*Exercise:* In the records, find each line where "free" occurs, and copy it.

====== Dataset extract

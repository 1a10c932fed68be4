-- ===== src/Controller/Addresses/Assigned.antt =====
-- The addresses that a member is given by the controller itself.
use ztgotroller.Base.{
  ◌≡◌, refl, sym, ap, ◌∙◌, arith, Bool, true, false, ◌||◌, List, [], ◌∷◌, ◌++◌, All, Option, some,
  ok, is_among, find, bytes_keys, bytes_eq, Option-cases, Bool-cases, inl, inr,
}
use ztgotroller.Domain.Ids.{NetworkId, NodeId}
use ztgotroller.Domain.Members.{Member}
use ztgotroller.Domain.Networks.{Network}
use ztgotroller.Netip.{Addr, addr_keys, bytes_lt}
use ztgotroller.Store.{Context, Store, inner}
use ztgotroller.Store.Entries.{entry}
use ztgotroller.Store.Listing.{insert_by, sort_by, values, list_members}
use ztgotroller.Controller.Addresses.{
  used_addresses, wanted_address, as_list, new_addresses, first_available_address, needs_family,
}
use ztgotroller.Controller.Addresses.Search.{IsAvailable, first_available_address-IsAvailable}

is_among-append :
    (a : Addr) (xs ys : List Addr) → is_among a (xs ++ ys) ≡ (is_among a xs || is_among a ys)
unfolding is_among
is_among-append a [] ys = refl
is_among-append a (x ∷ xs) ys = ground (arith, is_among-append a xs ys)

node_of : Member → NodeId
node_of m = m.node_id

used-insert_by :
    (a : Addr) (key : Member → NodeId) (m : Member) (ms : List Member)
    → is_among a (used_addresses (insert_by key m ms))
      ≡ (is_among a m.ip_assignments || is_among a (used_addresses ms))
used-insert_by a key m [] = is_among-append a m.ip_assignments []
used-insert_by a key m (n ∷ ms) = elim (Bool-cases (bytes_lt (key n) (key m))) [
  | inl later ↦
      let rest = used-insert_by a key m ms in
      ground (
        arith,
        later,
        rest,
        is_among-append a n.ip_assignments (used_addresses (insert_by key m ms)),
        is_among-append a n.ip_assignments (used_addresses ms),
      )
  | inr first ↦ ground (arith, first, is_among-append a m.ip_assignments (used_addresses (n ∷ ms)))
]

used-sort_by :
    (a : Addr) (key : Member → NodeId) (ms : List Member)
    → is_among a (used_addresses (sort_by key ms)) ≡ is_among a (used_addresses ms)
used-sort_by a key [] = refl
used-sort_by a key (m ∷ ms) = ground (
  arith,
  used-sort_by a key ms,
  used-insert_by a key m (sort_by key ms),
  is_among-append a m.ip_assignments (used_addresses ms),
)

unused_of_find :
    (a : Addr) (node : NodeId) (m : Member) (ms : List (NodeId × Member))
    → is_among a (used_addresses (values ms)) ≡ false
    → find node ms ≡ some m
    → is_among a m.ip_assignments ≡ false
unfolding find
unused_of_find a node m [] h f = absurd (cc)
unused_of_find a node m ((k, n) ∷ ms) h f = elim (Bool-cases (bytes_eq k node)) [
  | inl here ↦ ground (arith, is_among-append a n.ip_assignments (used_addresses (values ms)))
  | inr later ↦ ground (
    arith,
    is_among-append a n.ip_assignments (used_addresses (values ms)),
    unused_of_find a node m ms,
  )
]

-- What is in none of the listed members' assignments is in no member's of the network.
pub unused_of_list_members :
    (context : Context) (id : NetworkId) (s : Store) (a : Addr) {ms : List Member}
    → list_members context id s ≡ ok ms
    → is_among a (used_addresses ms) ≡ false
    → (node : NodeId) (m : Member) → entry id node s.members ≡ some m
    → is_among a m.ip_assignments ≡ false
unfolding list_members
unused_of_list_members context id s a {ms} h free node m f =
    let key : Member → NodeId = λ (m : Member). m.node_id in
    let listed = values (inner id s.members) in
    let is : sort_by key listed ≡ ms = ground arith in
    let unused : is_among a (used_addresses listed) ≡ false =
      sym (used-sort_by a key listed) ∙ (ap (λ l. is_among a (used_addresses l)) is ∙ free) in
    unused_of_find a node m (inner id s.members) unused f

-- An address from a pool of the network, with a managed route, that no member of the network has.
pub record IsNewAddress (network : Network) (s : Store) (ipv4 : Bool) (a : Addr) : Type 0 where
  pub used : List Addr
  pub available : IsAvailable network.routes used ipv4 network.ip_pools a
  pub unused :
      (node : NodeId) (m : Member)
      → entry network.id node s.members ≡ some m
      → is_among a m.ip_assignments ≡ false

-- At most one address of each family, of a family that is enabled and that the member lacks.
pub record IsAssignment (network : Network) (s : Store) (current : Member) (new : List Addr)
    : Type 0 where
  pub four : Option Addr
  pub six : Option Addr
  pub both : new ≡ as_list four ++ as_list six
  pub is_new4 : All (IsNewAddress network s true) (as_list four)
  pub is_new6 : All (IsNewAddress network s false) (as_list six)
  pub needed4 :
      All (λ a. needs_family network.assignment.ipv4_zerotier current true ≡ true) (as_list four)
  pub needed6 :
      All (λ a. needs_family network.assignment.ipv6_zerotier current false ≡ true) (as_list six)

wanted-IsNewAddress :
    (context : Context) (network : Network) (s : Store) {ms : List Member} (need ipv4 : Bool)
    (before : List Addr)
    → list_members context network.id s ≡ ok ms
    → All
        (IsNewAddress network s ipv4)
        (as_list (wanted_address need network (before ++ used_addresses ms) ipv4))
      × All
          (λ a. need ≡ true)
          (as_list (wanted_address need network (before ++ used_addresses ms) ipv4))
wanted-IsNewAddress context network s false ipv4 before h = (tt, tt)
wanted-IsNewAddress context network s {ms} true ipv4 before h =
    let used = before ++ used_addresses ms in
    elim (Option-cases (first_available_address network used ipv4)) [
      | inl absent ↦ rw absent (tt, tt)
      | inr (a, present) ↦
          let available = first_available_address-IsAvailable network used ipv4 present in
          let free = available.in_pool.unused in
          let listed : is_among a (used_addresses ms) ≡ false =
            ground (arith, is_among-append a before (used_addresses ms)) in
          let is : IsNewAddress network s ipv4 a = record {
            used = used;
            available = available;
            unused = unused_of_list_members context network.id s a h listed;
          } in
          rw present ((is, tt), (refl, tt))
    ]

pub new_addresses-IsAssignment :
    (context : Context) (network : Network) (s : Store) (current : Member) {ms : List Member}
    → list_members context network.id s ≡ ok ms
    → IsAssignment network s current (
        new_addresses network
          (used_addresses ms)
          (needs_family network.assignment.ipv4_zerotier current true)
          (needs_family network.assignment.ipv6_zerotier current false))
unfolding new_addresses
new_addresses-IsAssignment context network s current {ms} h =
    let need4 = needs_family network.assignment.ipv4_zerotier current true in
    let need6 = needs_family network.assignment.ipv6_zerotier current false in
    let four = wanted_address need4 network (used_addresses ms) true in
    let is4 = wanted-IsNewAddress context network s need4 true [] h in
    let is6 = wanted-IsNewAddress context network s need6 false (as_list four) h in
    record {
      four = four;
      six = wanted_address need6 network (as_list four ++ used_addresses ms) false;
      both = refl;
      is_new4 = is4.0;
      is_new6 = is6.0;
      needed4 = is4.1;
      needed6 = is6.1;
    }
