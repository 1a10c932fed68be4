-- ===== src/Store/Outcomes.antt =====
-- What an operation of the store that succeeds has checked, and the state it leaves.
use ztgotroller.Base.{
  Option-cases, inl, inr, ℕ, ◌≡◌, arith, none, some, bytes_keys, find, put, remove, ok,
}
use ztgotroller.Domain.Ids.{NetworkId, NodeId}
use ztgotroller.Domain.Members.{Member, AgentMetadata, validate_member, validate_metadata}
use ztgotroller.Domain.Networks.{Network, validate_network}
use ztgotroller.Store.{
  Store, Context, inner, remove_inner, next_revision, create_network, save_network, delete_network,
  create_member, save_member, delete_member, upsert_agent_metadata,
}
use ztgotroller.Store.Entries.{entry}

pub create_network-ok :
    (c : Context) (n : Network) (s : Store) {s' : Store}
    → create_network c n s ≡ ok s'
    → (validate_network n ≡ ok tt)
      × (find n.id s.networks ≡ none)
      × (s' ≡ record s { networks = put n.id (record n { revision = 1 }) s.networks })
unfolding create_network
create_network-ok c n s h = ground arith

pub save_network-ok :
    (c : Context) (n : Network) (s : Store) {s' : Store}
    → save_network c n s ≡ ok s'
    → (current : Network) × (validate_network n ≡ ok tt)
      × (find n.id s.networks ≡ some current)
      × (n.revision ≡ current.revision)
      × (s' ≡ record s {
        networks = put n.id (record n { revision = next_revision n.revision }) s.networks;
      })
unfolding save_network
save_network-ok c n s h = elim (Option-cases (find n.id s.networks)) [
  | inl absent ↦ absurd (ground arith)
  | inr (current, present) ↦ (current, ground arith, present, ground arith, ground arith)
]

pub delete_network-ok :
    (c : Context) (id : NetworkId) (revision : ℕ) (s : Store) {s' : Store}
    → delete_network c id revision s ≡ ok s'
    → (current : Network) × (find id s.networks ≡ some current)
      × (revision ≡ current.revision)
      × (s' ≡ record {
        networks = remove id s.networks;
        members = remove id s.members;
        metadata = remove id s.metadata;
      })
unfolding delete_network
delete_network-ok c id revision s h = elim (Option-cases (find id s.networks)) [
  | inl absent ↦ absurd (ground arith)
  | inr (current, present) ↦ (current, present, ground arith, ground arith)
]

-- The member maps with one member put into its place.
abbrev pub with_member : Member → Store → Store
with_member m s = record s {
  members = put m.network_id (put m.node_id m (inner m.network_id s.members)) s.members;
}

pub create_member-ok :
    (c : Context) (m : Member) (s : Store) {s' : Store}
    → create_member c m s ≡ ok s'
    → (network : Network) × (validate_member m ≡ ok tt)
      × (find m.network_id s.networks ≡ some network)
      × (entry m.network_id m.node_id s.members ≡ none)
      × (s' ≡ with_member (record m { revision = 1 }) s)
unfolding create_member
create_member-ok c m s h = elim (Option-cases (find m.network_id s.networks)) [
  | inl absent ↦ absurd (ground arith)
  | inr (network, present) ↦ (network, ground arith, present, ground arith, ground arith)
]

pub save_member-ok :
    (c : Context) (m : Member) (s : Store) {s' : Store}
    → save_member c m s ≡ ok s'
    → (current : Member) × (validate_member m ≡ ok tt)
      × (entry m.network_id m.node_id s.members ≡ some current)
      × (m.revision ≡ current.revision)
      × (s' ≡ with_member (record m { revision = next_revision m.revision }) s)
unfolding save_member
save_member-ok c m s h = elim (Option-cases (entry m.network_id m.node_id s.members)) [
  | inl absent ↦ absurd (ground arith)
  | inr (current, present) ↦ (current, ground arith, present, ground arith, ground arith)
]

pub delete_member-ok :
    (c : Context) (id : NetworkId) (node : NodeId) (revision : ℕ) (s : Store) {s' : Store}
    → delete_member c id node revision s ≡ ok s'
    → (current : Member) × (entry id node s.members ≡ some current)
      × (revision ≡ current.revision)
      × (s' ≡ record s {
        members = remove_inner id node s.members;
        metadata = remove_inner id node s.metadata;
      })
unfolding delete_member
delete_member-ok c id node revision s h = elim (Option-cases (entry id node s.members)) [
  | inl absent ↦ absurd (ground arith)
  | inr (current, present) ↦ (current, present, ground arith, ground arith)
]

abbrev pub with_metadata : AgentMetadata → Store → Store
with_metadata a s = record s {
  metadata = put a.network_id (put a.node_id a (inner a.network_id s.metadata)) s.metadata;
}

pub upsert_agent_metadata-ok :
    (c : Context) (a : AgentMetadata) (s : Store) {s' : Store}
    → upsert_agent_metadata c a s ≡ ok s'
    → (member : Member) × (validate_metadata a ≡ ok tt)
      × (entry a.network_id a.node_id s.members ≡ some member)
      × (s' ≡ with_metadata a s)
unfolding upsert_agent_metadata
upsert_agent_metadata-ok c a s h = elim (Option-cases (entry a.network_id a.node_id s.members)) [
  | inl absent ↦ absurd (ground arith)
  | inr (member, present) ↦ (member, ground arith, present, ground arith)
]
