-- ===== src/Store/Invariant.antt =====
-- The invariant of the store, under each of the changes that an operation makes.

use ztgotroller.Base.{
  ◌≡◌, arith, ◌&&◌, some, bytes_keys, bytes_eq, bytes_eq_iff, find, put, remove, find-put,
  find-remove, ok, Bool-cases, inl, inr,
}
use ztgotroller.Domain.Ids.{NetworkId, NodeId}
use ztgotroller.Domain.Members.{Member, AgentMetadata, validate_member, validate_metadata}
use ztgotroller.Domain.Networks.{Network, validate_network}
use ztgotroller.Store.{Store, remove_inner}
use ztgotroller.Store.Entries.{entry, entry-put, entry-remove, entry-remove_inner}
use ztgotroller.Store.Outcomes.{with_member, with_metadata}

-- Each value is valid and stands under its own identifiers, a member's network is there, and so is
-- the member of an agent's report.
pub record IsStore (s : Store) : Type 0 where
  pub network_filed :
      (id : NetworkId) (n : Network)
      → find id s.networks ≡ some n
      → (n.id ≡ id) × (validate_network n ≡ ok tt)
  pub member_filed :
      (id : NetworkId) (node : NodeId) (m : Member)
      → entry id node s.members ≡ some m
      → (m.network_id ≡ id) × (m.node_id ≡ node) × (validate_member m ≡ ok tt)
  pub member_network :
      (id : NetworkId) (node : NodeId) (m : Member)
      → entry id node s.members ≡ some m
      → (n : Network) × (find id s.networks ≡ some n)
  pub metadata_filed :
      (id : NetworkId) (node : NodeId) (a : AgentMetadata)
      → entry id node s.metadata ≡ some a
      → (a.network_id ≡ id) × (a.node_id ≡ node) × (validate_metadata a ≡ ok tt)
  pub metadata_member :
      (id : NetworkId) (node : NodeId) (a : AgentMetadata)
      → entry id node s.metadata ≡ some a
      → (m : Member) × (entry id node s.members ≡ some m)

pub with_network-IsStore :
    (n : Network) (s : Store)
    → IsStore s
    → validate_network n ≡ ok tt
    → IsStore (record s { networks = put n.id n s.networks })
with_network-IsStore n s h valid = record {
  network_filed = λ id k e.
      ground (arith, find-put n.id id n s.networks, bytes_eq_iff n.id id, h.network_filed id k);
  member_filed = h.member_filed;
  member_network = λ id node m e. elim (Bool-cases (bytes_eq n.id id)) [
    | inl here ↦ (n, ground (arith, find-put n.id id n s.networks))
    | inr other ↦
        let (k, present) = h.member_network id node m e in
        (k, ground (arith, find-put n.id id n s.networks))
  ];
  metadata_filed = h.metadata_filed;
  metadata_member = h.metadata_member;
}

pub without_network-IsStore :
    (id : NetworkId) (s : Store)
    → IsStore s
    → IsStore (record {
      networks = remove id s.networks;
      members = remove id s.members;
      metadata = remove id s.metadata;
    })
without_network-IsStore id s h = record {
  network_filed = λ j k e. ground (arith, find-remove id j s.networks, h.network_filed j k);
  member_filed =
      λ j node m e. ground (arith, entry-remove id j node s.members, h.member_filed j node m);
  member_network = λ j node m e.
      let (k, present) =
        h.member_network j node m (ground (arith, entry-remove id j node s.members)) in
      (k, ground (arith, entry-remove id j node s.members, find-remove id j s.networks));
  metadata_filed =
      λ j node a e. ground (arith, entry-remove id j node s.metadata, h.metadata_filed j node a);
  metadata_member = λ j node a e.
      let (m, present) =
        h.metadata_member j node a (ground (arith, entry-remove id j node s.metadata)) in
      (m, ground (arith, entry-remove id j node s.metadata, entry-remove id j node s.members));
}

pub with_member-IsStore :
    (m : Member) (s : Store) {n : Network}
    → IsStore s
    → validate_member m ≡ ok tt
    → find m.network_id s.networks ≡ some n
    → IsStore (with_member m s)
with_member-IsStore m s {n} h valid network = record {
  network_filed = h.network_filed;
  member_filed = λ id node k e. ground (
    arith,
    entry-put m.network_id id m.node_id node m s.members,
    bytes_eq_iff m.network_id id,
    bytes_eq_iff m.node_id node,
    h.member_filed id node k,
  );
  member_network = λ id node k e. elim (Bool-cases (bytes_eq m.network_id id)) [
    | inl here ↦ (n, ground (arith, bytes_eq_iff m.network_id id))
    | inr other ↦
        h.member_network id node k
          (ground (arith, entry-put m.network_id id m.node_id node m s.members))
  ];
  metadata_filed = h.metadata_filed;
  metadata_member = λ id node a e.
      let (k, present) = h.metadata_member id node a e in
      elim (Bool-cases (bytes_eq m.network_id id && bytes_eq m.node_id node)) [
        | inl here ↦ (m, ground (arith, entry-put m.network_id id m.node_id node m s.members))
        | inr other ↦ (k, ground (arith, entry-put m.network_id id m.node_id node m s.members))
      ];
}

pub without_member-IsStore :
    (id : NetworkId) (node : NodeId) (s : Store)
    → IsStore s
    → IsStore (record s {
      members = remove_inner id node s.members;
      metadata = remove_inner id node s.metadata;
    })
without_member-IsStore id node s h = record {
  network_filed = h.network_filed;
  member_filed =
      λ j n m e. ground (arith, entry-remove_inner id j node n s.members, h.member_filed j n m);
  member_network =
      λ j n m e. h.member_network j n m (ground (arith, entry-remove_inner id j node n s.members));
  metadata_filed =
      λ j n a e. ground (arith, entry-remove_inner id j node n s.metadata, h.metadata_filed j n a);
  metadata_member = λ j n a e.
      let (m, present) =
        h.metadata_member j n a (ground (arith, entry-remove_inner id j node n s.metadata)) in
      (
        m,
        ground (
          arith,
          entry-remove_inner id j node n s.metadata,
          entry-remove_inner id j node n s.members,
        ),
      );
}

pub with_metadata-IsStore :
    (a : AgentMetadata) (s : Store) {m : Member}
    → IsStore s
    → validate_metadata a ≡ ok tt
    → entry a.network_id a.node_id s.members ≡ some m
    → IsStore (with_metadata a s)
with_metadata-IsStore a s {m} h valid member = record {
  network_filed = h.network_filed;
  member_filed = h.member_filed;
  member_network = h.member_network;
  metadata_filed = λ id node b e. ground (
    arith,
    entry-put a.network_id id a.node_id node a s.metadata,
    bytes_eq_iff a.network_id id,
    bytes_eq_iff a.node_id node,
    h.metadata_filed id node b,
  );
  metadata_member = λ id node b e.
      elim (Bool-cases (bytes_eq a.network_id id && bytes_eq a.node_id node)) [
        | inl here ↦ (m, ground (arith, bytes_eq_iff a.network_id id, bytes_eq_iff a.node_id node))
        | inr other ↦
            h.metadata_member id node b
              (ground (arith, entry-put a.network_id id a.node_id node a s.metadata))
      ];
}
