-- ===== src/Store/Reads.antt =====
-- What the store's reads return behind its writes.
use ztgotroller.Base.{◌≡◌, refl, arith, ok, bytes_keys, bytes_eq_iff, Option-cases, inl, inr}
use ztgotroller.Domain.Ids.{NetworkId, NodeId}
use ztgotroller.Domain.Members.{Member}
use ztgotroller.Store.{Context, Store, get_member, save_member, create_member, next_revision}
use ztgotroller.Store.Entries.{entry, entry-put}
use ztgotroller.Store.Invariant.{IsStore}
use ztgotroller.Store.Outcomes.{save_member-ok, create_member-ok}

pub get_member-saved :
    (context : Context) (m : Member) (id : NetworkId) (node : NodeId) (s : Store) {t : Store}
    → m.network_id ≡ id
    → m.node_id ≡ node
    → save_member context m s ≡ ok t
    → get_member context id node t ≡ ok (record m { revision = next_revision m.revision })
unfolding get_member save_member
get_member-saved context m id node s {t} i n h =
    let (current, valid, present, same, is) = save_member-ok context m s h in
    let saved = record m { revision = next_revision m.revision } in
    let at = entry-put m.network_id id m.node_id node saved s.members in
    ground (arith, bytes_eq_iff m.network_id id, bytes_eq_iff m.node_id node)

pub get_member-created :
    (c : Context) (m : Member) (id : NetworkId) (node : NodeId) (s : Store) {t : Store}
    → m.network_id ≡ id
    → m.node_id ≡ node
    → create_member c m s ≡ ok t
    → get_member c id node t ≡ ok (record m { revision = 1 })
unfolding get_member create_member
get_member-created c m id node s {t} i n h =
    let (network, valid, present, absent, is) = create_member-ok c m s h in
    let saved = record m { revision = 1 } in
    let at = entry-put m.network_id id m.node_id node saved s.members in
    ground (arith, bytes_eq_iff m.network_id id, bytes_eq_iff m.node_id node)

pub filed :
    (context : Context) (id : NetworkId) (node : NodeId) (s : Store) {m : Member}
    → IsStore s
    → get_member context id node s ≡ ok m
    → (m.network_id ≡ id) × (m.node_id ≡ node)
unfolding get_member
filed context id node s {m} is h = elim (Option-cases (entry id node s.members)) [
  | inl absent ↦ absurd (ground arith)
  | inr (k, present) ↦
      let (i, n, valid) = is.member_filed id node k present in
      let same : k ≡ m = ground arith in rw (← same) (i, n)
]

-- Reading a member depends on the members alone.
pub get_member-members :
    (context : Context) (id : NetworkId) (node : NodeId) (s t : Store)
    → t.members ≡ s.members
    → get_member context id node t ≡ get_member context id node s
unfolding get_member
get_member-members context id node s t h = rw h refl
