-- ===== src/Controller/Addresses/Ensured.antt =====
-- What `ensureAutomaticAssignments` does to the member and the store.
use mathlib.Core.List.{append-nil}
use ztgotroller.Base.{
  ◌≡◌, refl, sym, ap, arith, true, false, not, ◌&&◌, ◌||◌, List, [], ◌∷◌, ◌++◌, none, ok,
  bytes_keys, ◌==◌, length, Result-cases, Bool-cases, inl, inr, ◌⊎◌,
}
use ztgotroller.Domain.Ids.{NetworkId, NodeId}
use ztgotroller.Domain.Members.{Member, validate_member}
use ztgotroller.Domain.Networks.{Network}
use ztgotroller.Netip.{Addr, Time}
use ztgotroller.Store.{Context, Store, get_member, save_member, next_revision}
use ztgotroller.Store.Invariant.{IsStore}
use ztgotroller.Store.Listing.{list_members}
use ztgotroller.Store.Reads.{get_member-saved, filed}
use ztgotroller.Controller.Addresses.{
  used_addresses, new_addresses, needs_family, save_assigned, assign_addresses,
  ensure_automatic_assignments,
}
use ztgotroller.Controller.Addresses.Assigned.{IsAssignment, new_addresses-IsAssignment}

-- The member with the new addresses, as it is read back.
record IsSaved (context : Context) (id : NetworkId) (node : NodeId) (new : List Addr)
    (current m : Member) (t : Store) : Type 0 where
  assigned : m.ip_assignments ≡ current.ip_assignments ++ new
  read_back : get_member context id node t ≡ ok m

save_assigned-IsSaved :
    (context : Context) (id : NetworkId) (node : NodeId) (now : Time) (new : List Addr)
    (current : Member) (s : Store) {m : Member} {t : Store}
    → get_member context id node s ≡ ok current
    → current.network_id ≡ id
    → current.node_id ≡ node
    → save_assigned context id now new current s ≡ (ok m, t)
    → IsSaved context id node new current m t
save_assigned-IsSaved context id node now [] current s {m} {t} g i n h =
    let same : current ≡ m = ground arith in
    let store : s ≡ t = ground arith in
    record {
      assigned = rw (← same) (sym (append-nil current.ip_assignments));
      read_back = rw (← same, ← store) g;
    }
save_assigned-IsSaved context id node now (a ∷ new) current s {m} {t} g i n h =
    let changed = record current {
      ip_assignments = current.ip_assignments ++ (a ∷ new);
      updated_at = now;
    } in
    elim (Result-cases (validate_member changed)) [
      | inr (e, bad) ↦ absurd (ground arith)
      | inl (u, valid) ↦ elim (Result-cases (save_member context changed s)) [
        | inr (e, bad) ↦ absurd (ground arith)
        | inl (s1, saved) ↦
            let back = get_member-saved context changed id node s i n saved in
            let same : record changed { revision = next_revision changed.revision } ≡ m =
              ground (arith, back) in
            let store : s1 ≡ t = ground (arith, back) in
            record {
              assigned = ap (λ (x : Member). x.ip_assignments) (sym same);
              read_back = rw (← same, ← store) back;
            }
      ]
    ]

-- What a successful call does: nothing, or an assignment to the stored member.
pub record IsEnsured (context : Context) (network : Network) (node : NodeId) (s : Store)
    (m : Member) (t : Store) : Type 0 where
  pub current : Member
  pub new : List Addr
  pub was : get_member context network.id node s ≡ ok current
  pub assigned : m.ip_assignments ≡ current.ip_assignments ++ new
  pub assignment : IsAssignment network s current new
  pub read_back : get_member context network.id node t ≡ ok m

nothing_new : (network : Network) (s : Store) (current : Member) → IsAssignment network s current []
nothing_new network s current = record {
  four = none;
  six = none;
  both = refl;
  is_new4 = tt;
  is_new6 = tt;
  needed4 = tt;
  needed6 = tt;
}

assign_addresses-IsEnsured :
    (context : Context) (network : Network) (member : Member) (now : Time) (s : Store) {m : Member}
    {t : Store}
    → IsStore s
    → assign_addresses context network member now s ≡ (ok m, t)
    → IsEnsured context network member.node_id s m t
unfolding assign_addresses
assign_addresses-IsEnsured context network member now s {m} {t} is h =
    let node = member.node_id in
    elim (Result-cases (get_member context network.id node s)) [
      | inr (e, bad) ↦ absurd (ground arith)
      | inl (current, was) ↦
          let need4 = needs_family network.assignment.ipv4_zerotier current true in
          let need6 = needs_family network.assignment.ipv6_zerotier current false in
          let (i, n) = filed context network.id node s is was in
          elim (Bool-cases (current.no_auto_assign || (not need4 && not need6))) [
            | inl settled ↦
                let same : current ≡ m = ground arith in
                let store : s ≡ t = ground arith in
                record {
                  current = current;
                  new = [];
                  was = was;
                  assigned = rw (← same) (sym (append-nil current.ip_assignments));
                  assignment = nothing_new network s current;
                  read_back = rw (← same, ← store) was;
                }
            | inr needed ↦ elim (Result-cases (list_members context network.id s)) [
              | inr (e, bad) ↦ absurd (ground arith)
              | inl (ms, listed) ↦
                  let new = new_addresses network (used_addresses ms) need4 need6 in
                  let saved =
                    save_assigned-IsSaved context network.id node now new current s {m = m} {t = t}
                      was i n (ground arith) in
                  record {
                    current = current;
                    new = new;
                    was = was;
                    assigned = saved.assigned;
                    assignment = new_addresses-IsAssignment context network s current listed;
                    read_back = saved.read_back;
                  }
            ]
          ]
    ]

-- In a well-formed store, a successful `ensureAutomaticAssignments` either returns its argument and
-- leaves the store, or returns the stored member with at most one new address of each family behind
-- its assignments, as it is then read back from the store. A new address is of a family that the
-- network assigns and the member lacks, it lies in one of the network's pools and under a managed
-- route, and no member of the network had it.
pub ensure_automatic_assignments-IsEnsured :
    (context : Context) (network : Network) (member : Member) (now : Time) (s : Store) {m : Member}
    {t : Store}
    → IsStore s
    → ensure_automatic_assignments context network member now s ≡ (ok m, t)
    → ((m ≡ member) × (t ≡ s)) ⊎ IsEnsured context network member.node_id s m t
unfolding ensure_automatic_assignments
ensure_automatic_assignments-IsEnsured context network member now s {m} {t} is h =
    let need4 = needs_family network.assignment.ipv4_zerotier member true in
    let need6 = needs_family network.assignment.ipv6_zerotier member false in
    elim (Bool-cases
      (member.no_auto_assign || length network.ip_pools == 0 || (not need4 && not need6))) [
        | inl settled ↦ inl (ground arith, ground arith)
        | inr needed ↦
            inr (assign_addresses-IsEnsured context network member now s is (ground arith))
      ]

============

*Output for this task:*
unused_of_list_members context id s a {ms} h free node m f =
      sym (used-sort_by a key listed) ∙ (ap (λ l. is_among a (used_addresses l)) is ∙ free) in
          let free = available.in_pool.unused in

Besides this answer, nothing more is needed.